Ornament im Raum 02
2004 Espace Karim Francis, Kairo
Blaues Glas, Baumwolle Ø 320 cm
“Sternbilder” ist der Titel der neuen Arbeiten in der Ausstellung. Die Installation wiederholt das Motiv: blaue Glasflaschen fügen sich zusammen und bilden die Struktur für einen fünfzackigen Stern, der umgeben von einem Kreis aus Rohbaumwolle im Zentrum der Galerieräume ausgebreitet liegt.
CAIROTIMES, Weekly news-magazine, Volume 8, Issue 1, 4-10 MARCH 2004
All shapes and sizes.
Geometry takes the floor in a new show at Espace Karim Francis.
Sometimes a gallery can take on the role of an oasis in the busy streets of the city. Now, as we are suddenly projected into one of those hot spells that warn us of the summer heat to come, we start appreciating this factor once again. Espace Karim Francis is one of those galleries where the calm of a gallery space can be best appreciated and this is especially true during the current exhibition. Hidden away on the second floor of an old building not far from Midan Talaat Harb, Espace Karim Francis is just removed enough from the noise of the city center to allow you to relax and take in the art on display. This past month, it has been the work of Nora Bachel and her impressively understated art that has been calming gallery-goers at the same time as being thought-provoking.
The first room that you come to in the gallery is completely empty exept for a series of works that feature geometric shapes on one wall. Clear and simple, each 35cm x 35cm frame has one black star-like form made up of a variable number of dots on a field of white. The effect is intriguing. There is a contrast between the reassuring nature of the simple, recognizable shapes and the sharp black/white division of the area. This strange effect is developed as the viewer moves forward and sees that dots are nails that have been suspended in layers of transparent material. Hanging in space, the nails are like those slow motion moments in films where the bullets hang in the air. Here, though, the nails seem to have their sharp points neutralized by the tulle, the material that Bachel has used to freeze them in space and time.
This all sends the imagination spiraling off, as the viewer makes associations with the purity of form in Islamic art as well as the shroud-like quality of the tulle. It also brings up associations with symbols, both religious and nationalistic, which are best created from the simplest of shapes, such as crosses and crescents. Here the purity of the form has been removed by the artist’s choice of hard and soft materials in a single piece and we are faced with works to which we may assign whatever symbolic meaning we like, ornone at at all. What makes this section of the show so striking is the fact that it only makes use of a single wall, yet at the same time is so effective.
The other room is dominated by another star-inspired creation, but thiss time it is located at the center of the floor. Here, blue glass bottles are fitted togetherto make a huge pentangle surrounded by raw cotton that forms a sort of fleecy carpet. The pentangle, of course, is loaded with witchcraft or pagan implications and bottles were often used in the past for poisin, but with the soft circle surrounding the star, there is nothing but a positiv feel to the piece. Maybe the soft circle removes the tension from the sharpness of the star shape.
Also, the circle of cotton doesn’t quite fit the space and the walls jutting out into space break the circle. This perhaps suggests a further level of malleability to the circle.

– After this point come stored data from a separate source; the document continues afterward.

-- ===== src/HealthChecker/Loop.antt =====
-- app/healthchecker/healthchecker.go: the goroutines of `monitorTarget` and `Stop`, as steps on what
-- they share. A goroutine's number is its place in the order of the start. A check is one step, as
-- it holds the status's lock and changes the proxy's targets once at most.
pub mod Independent
pub mod Stopped
pub mod Launched
pub mod Bounded
use corridor.Prelude.{ℕ, ◌*◌, ◌<◌, ◌≡◌, List, [], ◌∷◌, Bool, true, false, eqb, if◌then◌else◌}
use corridor.Prelude.Int.{ℤ, pos, is_positive, duration, second}
use corridor.Config.{HealthCheckConfig}
use corridor.LoadBalancer.Target.{Url, Store}
use corridor.Prelude.Text.{Text}
use corridor.Proxy.{Balancers}
use corridor.HealthChecker.Probe.{Network}
use corridor.HealthChecker.{TargetStatus, check_target}

-- The time between the ticks.
abbrev pub check_interval : HealthCheckConfig → ℤ
check_interval hc =
    let interval = duration second hc.interval in
    if is_positive interval then interval else pos (30 * second)

-- Before the first check, in the `select` of the loop, and returned.
pub data Phase : Type 0 where
  entering waiting finished : Phase

-- A goroutine, and whether its ticker's channel, which has room for one, holds a tick.
pub record Monitor : Type 0 where
  pub status : TargetStatus
  pub phase : Phase
  pub ticked : Bool

-- The goroutines by their numbers, the proxy's targets, and whether `stopChan` is closed.
pub record System : Type 0 where
  pub monitors : ℕ → Monitor
  pub targets : Store
  pub stopped : Bool

abbrev pub set_monitor : ℕ → Monitor → System → System
set_monitor k m s = record s { monitors = λ j. if eqb j k then m else s.monitors j }

abbrev pub tick : ℕ → System → System
tick k s = set_monitor k (record (s.monitors k) { ticked = true }) s

abbrev pub finish_monitor : ℕ → System → System
finish_monitor k s = set_monitor k (record (s.monitors k) { phase = finished }) s

abbrev pub close_stop_chan : System → System
close_stop_chan s = record s { stopped = true }

module _ (url_string : Url → Text) (lbs : Balancers) where
  -- After a check a goroutine is in its `select`, with a tick or none.
  abbrev pub after_check : Network → Bool → ℕ → System → System
  after_check net ticked k s = record s {
    monitors = λ j.
        if eqb j k
        then record {
          status = (check_target url_string lbs net ((s.monitors k).status, s.targets)).0;
          phase = waiting;
          ticked = ticked;
        }
        else s.monitors j;
    targets = (check_target url_string lbs net ((s.monitors k).status, s.targets)).1;
  }

  module _ (n : ℕ) where
    -- A check by one of the `n` goroutines: the first one, or the one for a tick.
    pub data Check : ℕ → Network → System → System → Type 0 where
      first :
          (k : ℕ) (net : Network) (s : System)
          → k < n
          → (s.monitors k).phase ≡ entering
          → Check k net s (after_check net (s.monitors k).ticked k s)
      another :
          (k : ℕ) (net : Network) (s : System)
          → k < n
          → (s.monitors k).phase ≡ waiting
          → (s.monitors k).ticked ≡ true
          → Check k net s (after_check net false k s)

    -- The steps without a check: a tick, the end of a loop, and `Stop`.
    pub data Silent : System → System → Type 0 where
      ticks : (k : ℕ) (s : System) → k < n → Silent s (tick k s)
      leaves :
          (k : ℕ) (s : System)
          → k < n
          → (s.monitors k).phase ≡ waiting
          → s.stopped ≡ true
          → Silent s (finish_monitor k s)
      stops : (s : System) → s.stopped ≡ false → Silent s (close_stop_chan s)

    -- A run, with its checks in order: who made each, and what the network was.
    pub data Run : System → List (ℕ × Network) → System → Type 0 where
      ends : (s : System) → Run s [] s
      checks :
          (k : ℕ) (net : Network) (s t u : System) (checked : List (ℕ × Network))
          → Check k net s t
          → Run t checked u
          → Run s ((k, net) ∷ checked) u
      passes :
          (s t u : System) (checked : List (ℕ × Network))
          → Silent s t
          → Run t checked u
          → Run s checked u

Is the artist suggesting that any symbol can be used for aggressive purposes if it is in the right environment, whereas when it is in a more gentle society it can be a positive symbol of unity? Visitors are left to make up their minds.
Also in this show are pictures from Bachel’s „I Love You“ project, which combines embroidery and fotography to create a series of portraits with the eponymous phrase embroidered on top of the faces. Bachel took the I Love You computer virus as her starting point and looked at the implications of this simple phrase on society. She coments in here catalogue that the virus was spread through people’s need for affirmation, and goes on to say that this need for love causes immense conflict in society. This of course makes sense, but in the few works that are included in this exhibition, it is questionable how successfully this „emotional experience“ is transmitted to the viewer. They are out of place with the other aspects of the show.
The 2000/1 „Golden Tooth“ series, on the other hand, are very effective in the simplicity of their presentation. Bachel has placed a number of tiny silver and gold rectangles on pieces of handmade paper. The forms made by these rectangles, which are like the punch marks made in tickets, have a mathematical basis. Nevertheless, the show as a whole is impressive and gives the visitor a lot to think about. The work never sacrifices the aesthetic dimension to the conceptual and it embraces the space it is in.